Moorman reported on the club’s Web site that in 2003 the city inspected 1,046 sites, issuing 216 warnings and 41 notices of violation. Yet the total fine amount levied was only $3,100 – making the average fine approximately $76 in a year when commercial properties only recycled about 6-8 percent of its trash.
The Sierra Club had also previously settled a 12-year lawsuit with the District in 2002, alleging the city had not been following its recycling rules.
Attempts at reform
In 2004, the Department of Public Works stepped up its recycling efforts and hired more staff, tripling the number of buildings inspected and issued nine times more fines. In January 2005, when the city’s recycling contract with Waste Management Inc. expired, the city opted not to renew the contract.
Waste Management had previously provided recycling services to municipal government buildings and residential buildings.
Instead, city recycling duties transferred to the Department of Public Works. According to spokeswoman Grant, the contract wasn’t renewed “Because we [the city] can do it better.”

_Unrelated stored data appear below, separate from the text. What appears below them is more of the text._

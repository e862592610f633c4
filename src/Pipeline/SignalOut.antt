-- ===== src/Pipeline/SignalOut.antt =====
-- `SignalOut` of inc/pipeline/signalout.h and src/pipeline/signalout.cpp. Each method holds the mutex
-- for as long as it works on the flag, so it is one step; a wait that cannot go on is `none`.
use steam_deck_gyro_dsu_exte.Base.{Bool, true, false, not, Option, none, some, if◌then◌else◌}

pub record SignalOut : Type 0 where
  pub signal : Bool

unfoldable pub new_signal : SignalOut
new_signal = record { signal = false }

unfoldable pub send_signal : SignalOut → SignalOut
send_signal s = record s { signal = true }

pub was_received : SignalOut → Bool
was_received s = not s.signal

-- The wait ends when the flag is set.
wait_for_signal : SignalOut → Option SignalOut
wait_for_signal s = if s.signal then some (record s { signal = false }) else none

unfoldable pub try_signal : SignalOut → SignalOut × Bool
try_signal s = if s.signal then (record s { signal = false }, true) else (s, false)

pub flush : SignalOut → SignalOut
unfolding send_signal
flush s = send_signal s
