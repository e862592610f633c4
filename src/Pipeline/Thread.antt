-- ===== src/Pipeline/Thread.antt =====
-- `Thread` of inc/pipeline/thread.h, inc/pipeline/thread.hpp and src/pipeline/thread.cpp. The body
-- `Execute` belongs to the class that is derived; here it has `returned` or not, and it may return only
-- where it sees `stop`. A join that would wait for ever is `none`.
pub mod Lifecycle
mod Examples
use steam_deck_gyro_dsu_exte.Base.{Bool, true, false, not, Option, none, some, if◌then◌else◌, ◌&&◌}

-- The body of a thread that was started; it is `cancelling` once it is asked to be cancelled.
pub data Body : Type 0 where
  executing : Body
  cancelling : Body
  returned : Body

pub record Thread : Type 0 where
  pub execute_thread : Option Body
  pub stop : Bool

unfoldable pub new_thread : Thread
new_thread = record { execute_thread = none; stop = false }

unfoldable pub is_started : Thread → Bool
is_started t = elim t.execute_thread [ none ↦ false | some body ↦ true ]

unfoldable pub is_stopping : Thread → Bool
unfolding is_started
is_stopping t = is_started t && t.stop

should_continue : Thread → Bool
should_continue t = not t.stop

unfoldable pub start : Thread → Thread
start t = elim t.execute_thread [
  | none ↦ record { execute_thread = some executing; stop = false }
  | some body ↦ t
]

-- `stop = true` under the lock.
request_stop : Thread → Thread
request_stop t = record t { stop = true }

-- `join`, `reset` and `stop = false`. The join waits for a body that was asked to be cancelled until it
-- comes to a cancellation point, as pthreads documents; every body of the program does, since what it
-- waits in, on a condition variable, in a read or asleep, is one.
join : Thread → Option Thread
join t = elim t.execute_thread [
  | none ↦ some t
  | some executing ↦ none
  | some cancelling ↦ some (record { execute_thread = none; stop = false })
  | some returned ↦ some (record { execute_thread = none; stop = false })
]

-- What the body does while `Stop` waits, after `FlushPipes`.
run_body : (Bool → Body) → Thread → Thread
unfolding should_continue
run_body react t = elim t.execute_thread [
  | none ↦ t
  | some returned ↦ t
  | some cancelling ↦ t
  | some executing ↦ record t { execute_thread = some (react (should_continue t)) }
]

-- `Stop`: the body reacts to what `ShouldContinue` tells it.
unfoldable pub stop_thread : (Bool → Body) → Thread → Option Thread
unfolding request_stop join run_body
stop_thread react t = elim t.execute_thread [
  | none ↦ some t
  | some body ↦ join (run_body react (request_stop t))
]

-- `pthread_cancel`, which only asks.
cancel : Thread → Thread
cancel t = elim t.execute_thread [
  | none ↦ t
  | some returned ↦ t
  | some body ↦ record t { execute_thread = some cancelling }
]

kill : Thread → Option Thread
unfolding join cancel
kill t = elim t.execute_thread [ none ↦ some t | some body ↦ join (cancel t) ]

-- `TryStopThenKill`: `Stop` runs aside; where it has not come back at the end of the timeout, the
-- body is cancelled, and `Stop` then comes back.
unfoldable pub try_stop_then_kill : (Bool → Body) → Thread → Option Thread
unfolding stop_thread join cancel request_stop run_body
try_stop_then_kill react t = elim (stop_thread react t) [
  | some t' ↦ some t'
  | none ↦ join (cancel (run_body react (request_stop t)))
]

restart : (Bool → Body) → Thread → Option Thread
unfolding stop_thread start
restart react t = elim (stop_thread react t) [ none ↦ none | some t' ↦ some (start t') ]

unfoldable pub force_restart : Thread → Option Thread
unfolding kill start
force_restart t = elim (kill t) [ none ↦ none | some t' ↦ some (start t') ]

unfoldable pub try_restart_then_force_restart : (Bool → Body) → Thread → Option Thread
unfolding try_stop_then_kill start
try_restart_then_force_restart react t = elim (try_stop_then_kill react t) [
  | none ↦ none
  | some t' ↦ some (start t')
]
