-- ===== src/Hiddev/ProcessData/Execute.antt =====
-- The thread `ProcessData` of src/hiddev/hiddevreader/processdata.cpp, a round of its loop at a time.
use steam_deck_gyro_dsu_exte.Base.{ℕ, Bool, not, List, Option, none, some, length, if◌then◌else◌}
use steam_deck_gyro_dsu_exte.Pipeline.PipeOut.{
  PipeOut, get_pointer_to_fill, fill, send_data, was_received, wait_for_data_until, get_pointer,
}
use steam_deck_gyro_dsu_exte.Pipeline.SignalOut.{SignalOut, send_signal}
use steam_deck_gyro_dsu_exte.Pipeline.Thread.{Body, Thread, try_restart_then_force_restart}
use steam_deck_gyro_dsu_exte.Hiddev.MissedTicks.{Ticks, handle_missed_ticks, report_period}
use steam_deck_gyro_dsu_exte.Hiddev.ProcessData.{extract}

-- `data` and `reading` are the pipe of `readData` and that thread itself; `ticks` holds `missedTicks` and
-- `nonMissedLossTicks`.
pub record ProcessData : Type 0 where
  pub data_pipe : PipeOut (List ℕ)
  pub frame : PipeOut (List ℕ)
  pub read_stuck : SignalOut
  pub reading : Thread
  pub stop : Bool
  pub ticks : Ticks

-- What a round comes to.
pub data Processed : Type 0 where
  stopped : Processed
  restarted : Processed
  framed : Processed

-- No data in time: the reading thread, whose body reacts so, is restarted.
unfoldable pub restart_reading : (Bool → Body) → ProcessData → Option (ProcessData × Processed)
unfolding send_signal try_restart_then_force_restart
restart_reading react p = elim (try_restart_then_force_restart react p.reading) [
  | none ↦ none
  | some thread ↦
      some (record p { read_stuck = send_signal p.read_stuck; reading = thread }, restarted)
]

-- The frame is taken out of the records, and sent.
unfoldable pub frame_out : ProcessData → Option (ProcessData × Processed)
unfolding extract fill send_data was_received handle_missed_ticks get_pointer get_pointer_to_fill
frame_out p = elim (extract (length (get_pointer_to_fill p.frame)) (get_pointer p.data_pipe)) [
  | none ↦ none
  | some bytes ↦
      let counted = (handle_missed_ticks (was_received p.frame) report_period p.ticks).0 in
      some (record p { frame = send_data (fill bytes p.frame); ticks = counted }, framed)
]

-- A round of the loop, at the end of the wait for data, in which the thread may have been told to stop;
-- `none`: a read outside the buffer, or a thread that cannot be restarted.
unfoldable pub process_round : (Bool → Body) → Bool → ProcessData → Option (ProcessData × Processed)
unfolding restart_reading frame_out wait_for_data_until
process_round react late p =
    let (data', got) = wait_for_data_until p.data_pipe in
    let waited = record p { data_pipe = data'; stop = late } in
    if p.stop
    then some (p, stopped)
    else if not got
    then restart_reading react waited
    else if late
    then some (waited, stopped)
    else frame_out waited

But since the Department took over duties it has failed to issue an annual progress report on recycling in the city as required by the city’s Recycling Act of 1988.

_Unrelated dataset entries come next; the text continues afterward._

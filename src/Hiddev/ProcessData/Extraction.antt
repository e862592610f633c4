-- ===== src/Hiddev/ProcessData/Extraction.antt =====
-- The frame that src/hiddev/hiddevreader/processdata.cpp takes out of the records.
use steam_deck_gyro_dsu_exte.Base.{
  ℕ, zero, suc, ◌+◌, ◌≡◌, refl, ap, ap₂, ◌∙◌, arith, List, [], ◌∷◌, ◌++◌, some, get_elem?, length,
  map,
}
use steam_deck_gyro_dsu_exte.Hiddev.ProcessData.{
  extract_loop, extract, cons_at, input_record_len, bytepos_input,
}

-- What the file holds for one byte of a report: a usage code in four bytes, and the value in four.
pub record InputRecord : Type 0 where
  pub usage : ℕ × ℕ × ℕ × ℕ
  pub value : ℕ
  pub high : ℕ × ℕ × ℕ

unfoldable pub record_bytes : InputRecord → List ℕ
record_bytes r =
    r.usage.0 ∷ r.usage.1 ∷ r.usage.2 ∷ r.usage.3 ∷ r.value ∷ r.high.0 ∷ r.high.1 ∷ r.high.2 ∷ []

unfoldable pub records_bytes : List InputRecord → List ℕ
records_bytes [] = []
records_bytes (r ∷ rs) = record_bytes r ++ records_bytes rs

pub get_elem?_skip :
    (xs ys : List ℕ) (k j : ℕ) → k ≡ length xs + j → get_elem? (xs ++ ys) k ≡ get_elem? ys j
get_elem?_skip [] ys k j e = ap (get_elem? ys) {y = j} (omega arith)
get_elem?_skip (x ∷ xs) ys zero j e = absurd (omega arith)
get_elem?_skip (x ∷ xs) ys (suc k) j e = get_elem?_skip xs ys k j (omega arith)

extract_loop_skip :
    (n j : ℕ) (xs ys : List ℕ)
    → length xs ≡ input_record_len
    → extract_loop n (j + input_record_len) (xs ++ ys) ≡ extract_loop n j ys
unfolding extract_loop
extract_loop_skip zero j xs ys e = refl
extract_loop_skip (suc n) j xs ys e =
    ap₂ cons_at (get_elem?_skip xs ys (j + input_record_len) j (omega (arith, e)))
      (extract_loop_skip n (j + input_record_len) xs ys e)

extract_loop_records :
    (rs : List InputRecord) (rest : List ℕ)
    → extract_loop (length rs) bytepos_input (records_bytes rs ++ rest)
      ≡ some (map (λ r. r.value) rs)
unfolding extract_loop records_bytes record_bytes
extract_loop_records [] rest = refl
extract_loop_records (r ∷ rs) rest = ap (cons_at (some r.value)) (
    extract_loop_skip (length rs) bytepos_input (record_bytes r) (records_bytes rs ++ rest) refl
    ∙ extract_loop_records rs rest)

-- From the records of a report, with whatever stands behind them, the loop takes the value of each, in
-- their order, and reads nothing outside the buffer.
pub extract-records_bytes :
    (rs : List InputRecord) (rest : List ℕ)
    → extract (length rs) (records_bytes rs ++ rest) ≡ some (map (λ r. r.value) rs)
unfolding extract
extract-records_bytes rs rest = extract_loop_records rs rest
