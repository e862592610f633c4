-- ===== src/Hiddev/ProcessData/InRange.antt =====
-- The reads of src/hiddev/hiddevreader/processdata.cpp.
use steam_deck_gyro_dsu_exte.Base.{
  ℕ, zero, suc, ◌+◌, ◌*◌, ◌≤◌, ◌≡◌, refl, ap, arith, List, [], ◌∷◌, some, length, get_elem?-drop,
}
use steam_deck_gyro_dsu_exte.Hiddev.ProcessData.{
  input_record_len, bytepos_input, cons_at, extract_loop, extract,
}

loop_total :
    (n j : ℕ) (b : List ℕ)
    → j + n * input_record_len ≤ length b + bytepos_input
    → (bs : List ℕ) × (extract_loop n j b ≡ some bs) × (length bs ≡ n)
unfolding extract_loop cons_at
loop_total zero j b h = ([], refl, refl)
loop_total (suc n) j b h =
    let (x, e, _) = get_elem?-drop b j (omega arith) in
    let (bs, rest, size) = loop_total n (j + input_record_len) b (omega arith) in
    (x ∷ bs, rw (extract_loop, e, rest) refl, ap suc size)

-- A buffer with a record for each byte of a frame gives the frame.
pub extract_total :
    (n : ℕ) (b : List ℕ)
    → n * input_record_len ≤ length b
    → (bs : List ℕ) × (extract n b ≡ some bs) × (length bs ≡ n)
unfolding extract
extract_total n b h = loop_total n bytepos_input b (omega arith)
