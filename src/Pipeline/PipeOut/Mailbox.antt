-- ===== src/Pipeline/PipeOut/Mailbox.antt =====
-- A pipe of inc/pipeline/pipeout.hpp as its two users see it.
use steam_deck_gyro_dsu_exte.Base.{
  ◌≡◌, refl, ap, ap₂, ◌∙◌, arith, List, [], ◌∷◌, Option, none, some, if◌then◌else◌,
}
use steam_deck_gyro_dsu_exte.Pipeline.PipeOut.{PipeOut, fill, send_data, try_data}

-- The sender fills its buffer and sends it, or the receiver looks.
pub data Use (T : Type 0) : Type 0 where
  publishes : T → Use T
  looks : Use T

module _ {T : Type 0} where
  -- What the receiver finds at each look: nothing, or what it then reads in its buffer.
  pub found : List (Use T) → PipeOut T → List (Option T)
  found [] p = []
  found (publishes v ∷ us) p = found us (send_data (fill v p))
  found (looks ∷ us) p =
      let (q, got) = try_data p in (if got then some q.buf_rcv else none) ∷ found us q

  -- A mailbox: each message replaces the one before it, and a look empties it.
  unfoldable pub mailbox : List (Use T) → Option T → List (Option T)
  mailbox [] box = []
  mailbox (publishes v ∷ us) box = mailbox us (some v)
  mailbox (looks ∷ us) box = box ∷ mailbox us none

  -- The message that waits in the pipe.
  unfoldable pub waiting : PipeOut T → Option T
  waiting p = if p.buf_was_sent then some p.buf_sent else none

  try_data_empties : (p : PipeOut T) → waiting (try_data p).0 ≡ none
  unfolding waiting try_data
  try_data_empties p = ground arith

  try_data_found :
      (p : PipeOut T) → (if (try_data p).1 then some (try_data p).0.buf_rcv else none) ≡ waiting p
  unfolding waiting try_data
  try_data_found p = ground arith

  -- What the receiver finds in a pipe is what it would find in a mailbox of one place: always the
  -- message that was sent last, each at most once, and nothing where none was sent since.
  pub found-mailbox : (us : List (Use T)) (p : PipeOut T) → found us p ≡ mailbox us (waiting p)
  unfolding found mailbox waiting try_data send_data fill
  found-mailbox [] p = refl
  found-mailbox (publishes v ∷ us) p = found-mailbox us (send_data (fill v p))
  found-mailbox (looks ∷ us) p =
      ap₂ (λ x xs. x ∷ xs) (try_data_found p)
        (found-mailbox us (try_data p).0 ∙ ap (mailbox us) (try_data_empties p))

The progress report is mandated to include data on recycling by government and private contractors, including information on recycling at municipal buildings, which are supposed to be examples of good recycling; analysis of costs and revenues of recycling; updated outreach and education programs to increase awareness of district recycling to the public; and monitored enforcement of the city’s recycling laws.

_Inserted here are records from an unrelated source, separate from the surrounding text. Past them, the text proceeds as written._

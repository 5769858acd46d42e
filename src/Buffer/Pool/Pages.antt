-- ===== src/Buffer/Pool/Pages.antt =====
-- `write_page` and `read_page` of src/buffer/bpm.rs on every branch.
use oxtub.Base.{
  ℕ, ◌+◌, ◌<◌, ◌≡◌, refl, ap, sym, subst, ◌∙◌, ◌≢◌, inl, inr, Bool, true, false, Option, none, some,
  List, ◌∷◌, set, get_elem?, arith, Option-cases, usize_mod, Exec, ok, err, panic,
}
use oxtub.Base.Assoc.{get, insert}
use oxtub.Buffer.Pool.Acquire.{Acquires, acquire_frame_for_page_load-runs}
use oxtub.Buffer.Pool.Defs.{
  BufferPool, BufferPoolError, DiskScheduler, FrameMeta, fill_frame, load_page, pin_or_load,
  pin_replacer, publish_loaded_page, write_page, read_page, acquire_frame_for_page_load,
}
use oxtub.Buffer.Pool.Fetch.{
  Fetches, FetchesFrom, published, published-Inv, published-loaded, published-view, published_page,
}
use oxtub.Buffer.Pool.Invariant.{PoolInv, disk-Inv}
use oxtub.Buffer.Pool.Pins.{pin_frame-Inv, pin_replacer-Wrote}
use oxtub.Buffer.Pool.Store.{DiskLaws}
use oxtub.Buffer.Pool.Taken.{Acquired}
use oxtub.Buffer.Pool.Views.{Bounds, view, view-disk, view-Same, view_stored, frame_page}
use oxtub.Buffer.Replacer.Defs.{LruKReplacer}

module _ {B D : Type 0} {scheduler : DiskScheduler B D} (laws : DiskLaws B D scheduler) where
  fill_frame-steps :
      (s : BufferPool B D) (p f : ℕ) (b : B) (d : D) (m : FrameMeta) (r : LruKReplacer)
      → get_elem? s.frame_metas f ≡ some m
      → pin_replacer s.replacer f ≡ some r
      → fill_frame scheduler p f (some b, d) s
        ≡ some (
          ok f,
          record s {
            page_table = insert p f s.page_table;
            frame_metas =
                set s.frame_metas f (record { page_id = some p; pin_count = 1; is_dirty = false });
            replacer = r;
            frames = set s.frames f (record { page_id = some p; bytes = b });
            disk_scheduler = d;
          },
        )
  unfolding publish_loaded_page
  fill_frame-steps s p f b d m r at e = simp (at, e)

  -- The read of the page into the frame that was acquired.
  fill_frame-runs :
      (s t : BufferPool B D) (gs : List ℕ) (p f : ℕ) (o : Option B) (d : D)
      → PoolInv laws t gs
      → Acquired laws t f
      → t.replacer.current_timestamp + 1 < usize_mod
      → t.replacer.curr_size + 1 < usize_mod
      → get p t.page_table ≡ none
      → laws.Good d
      → ((q : ℕ) → p ≢ q → laws.stored d q ≡ laws.stored t.disk_scheduler q)
      → ((b : B) → laws.stored t.disk_scheduler p ≡ some b → laws.stored d p ≡ some b)
      → ((b : B) → o ≡ some b → laws.stored d p ≡ some b)
      → FetchesFrom laws s t gs p (fill_frame scheduler p f (o, d) t)
  fill_frame-runs s t gs p f none d v a clock room absent good new old found = (
    err BufferPoolError.disk,
    record t { disk_scheduler = d },
    refl,
    (disk-Inv laws t gs d v good (λ q g h. new q (apart q g h)), tt),
    λ q ne. view-disk laws t d q (new q ne),
    λ b h.
        view_stored laws (record t { disk_scheduler = d }) p absent
        ∙ old b (sym (view_stored laws t p absent) ∙ h),
  )
    where
      apart : (q g : ℕ) → get q t.page_table ≡ some g → p ≢ q
      apart q g h e = absurd (cc (absent, ap (λ x. get x t.page_table) e, h))
  fill_frame-runs s t gs p f (some b) d v a clock room absent good new old found =
      let (page, _, inside) = frame_page laws t gs f a.meta v a.at in
      let (r, pins, w) = pin_replacer-Wrote t.replacer f v.replacer clock room inside in
      (
        ok f,
        published laws t gs p f v a absent d b r w good (found b refl) new,
        fill_frame-steps t p f b d a.meta r a.at pins,
        (
          published-Inv laws t gs p f v a absent d b r w good (found b refl) new,
          published-loaded laws t gs p f v a absent d b r w good (found b refl) new,
        ),
        published-view laws t gs p f v a absent d b r w good (found b refl) new,
        λ c h.
            published_page laws t gs p f v a absent d b r w good (found b refl) new
            ∙ sym (found b refl)
            ∙ old c (sym (view_stored laws t p absent) ∙ h),
      )

  load_page-runs :
      (s t : BufferPool B D) (gs : List ℕ) (p : ℕ) (o : Exec BufferPoolError ℕ)
      → Bounds s gs
      → Acquires laws s gs o t
      → get p t.page_table ≡ none
      → ((q : ℕ) → view laws t q ≡ view laws s q)
      → Fetches laws s gs p (load_page scheduler p (o, t))
  load_page-runs s t gs p (ok f) bounds (v, a, clock, room) absent same =
      let d = t.disk_scheduler in
      let (o, u, runs, after, others, own) =
        fill_frame-runs s t gs p f (scheduler.read_page p d).0 (scheduler.read_page p d).1 v a
          (omega (arith, clock, bounds.clock)) (omega (arith, room, bounds.room)) absent
          (laws.read_good p d v.good) (λ q ne. laws.read_new p q d v.good ne)
          (λ b h. laws.read_kept p p d b v.good h) (λ b h. laws.read_stored p d b v.good h) in
      (o, u, runs, after, λ q ne. others q ne ∙ same q, λ b h. own b (same p ∙ h))
  load_page-runs s t gs p (err e) bounds w absent same =
      (err e, t, refl, w, λ q ne. same q, λ b h. same p ∙ h)
  load_page-runs s t gs p (oxtub.Base.panic) bounds w absent same = elim w [ ]

  pin_or_load-runs :
      (s : BufferPool B D) (gs : List ℕ) (p : ℕ) (o : Option ℕ)
      → PoolInv laws s gs
      → Bounds s gs
      → get p s.page_table ≡ o
      → Fetches laws s gs p (pin_or_load scheduler p o s)
  pin_or_load-runs s gs p (some f) v bounds e =
      let (t, runs, v', same) = pin_frame-Inv laws s gs p f v bounds e in
      (
        ok f,
        t,
        rw runs refl,
        (v', ap (get p) same.table ∙ e),
        λ q ne. view-Same laws s t q same,
        λ b h. view-Same laws s t p same ∙ h,
      )
  pin_or_load-runs s gs p none v bounds e =
      let (o, t, runs, w, same, absent) = acquire_frame_for_page_load-runs laws s gs v bounds in
      subst (Fetches laws s gs p) (sym (loads o t runs))
        (load_page-runs s t gs p o bounds w (absent p e) same)
    where
      loads :
          (o : Exec BufferPoolError ℕ) (t : BufferPool B D)
          → acquire_frame_for_page_load scheduler s ≡ some (o, t)
          → pin_or_load scheduler p none s ≡ load_page scheduler p (o, t)
      loads o t h = rw h refl

  pub write_page-refines :
      (s : BufferPool B D) (gs : List ℕ) (p : ℕ)
      → PoolInv laws s gs
      → Bounds s gs
      → Fetches laws s gs p (write_page scheduler p s)
  unfolding write_page
  write_page-refines s gs p v bounds = pin_or_load-runs s gs p (get p s.page_table) v bounds refl

  -- The same of `read_page`.
  pub read_page-refines :
      (s : BufferPool B D) (gs : List ℕ) (p : ℕ)
      → PoolInv laws s gs
      → Bounds s gs
      → Fetches laws s gs p (read_page scheduler p s)
  unfolding read_page
  read_page-refines s gs p v bounds = pin_or_load-runs s gs p (get p s.page_table) v bounds refl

Yet the last progress report to come out, issued by the Office of the Deputy Mayor for Operations, was in 2004. No such report has been made in three years.
In 2005, the Office of the Deputy Mayor for Operations was abolished and after repeated calls to city offices, no one at the Mayor’s Office, the Environment Office or the Department of Public Works, seems to know who is now responsible for the report.
Grant said her department is “not the entity that produces the report,” and that it was likely the Office of the Environment. Calls to the Office of the Environment, which is responsible for energy conservation and air and water quality, pointed the finger at Public Works.
Despite the lack of a progress report for three years running, Grant said that after the District took over residential and city building recycling, they have found that they do, indeed, do a better job than the previous contractor.
Grant provided the Observer with data showing such improvements from 2004 to 2007. The data found that recycling had climbed to 17.1 percent in 2005, 20 percent in 2006 and then went down to 17.6 percent in 2007.
Despite the disclosure of this latest recycling data, Grant did not include data on how the figures were obtained that might affect the net result. For example, this data included the weights of composted fall leaves, which were not included in previous reports.
Based on data from BioCycle Magazine, a composting and organic recycling publication, the District’s 2004 recycling rate would place it between 37th and 38th in the nation.
According to BioCycle’s 2006 “State of Garbage in America” report, which only tracked recycling in the 50 states, the state with the best recycling rate of municipal solid waste is Oregon at 45.8 percent, followed by Minnesota at 43.2 percent and New York at 43 percent. The states with the lowest recycling rates include Mississippi at 1.6 percent, South Dakota at 3 percent and Oklahoma at 3.8 percent. BioCycle based its report on 2004 data.
Back at his Tenleytown apartment building, Austin Danner continues to separate his recyclables into boxes on the floor of his cramped kitchen hallway, which he will eventually recycle at a nearby restaurant.
“I don’t know where they’re headed,” Danner said. “But for now, this is the best I can do.”


Good article. Any options/suggestions for those of us like Austin who want to recycle as much as possible? Are there any places we can drop off recyclables?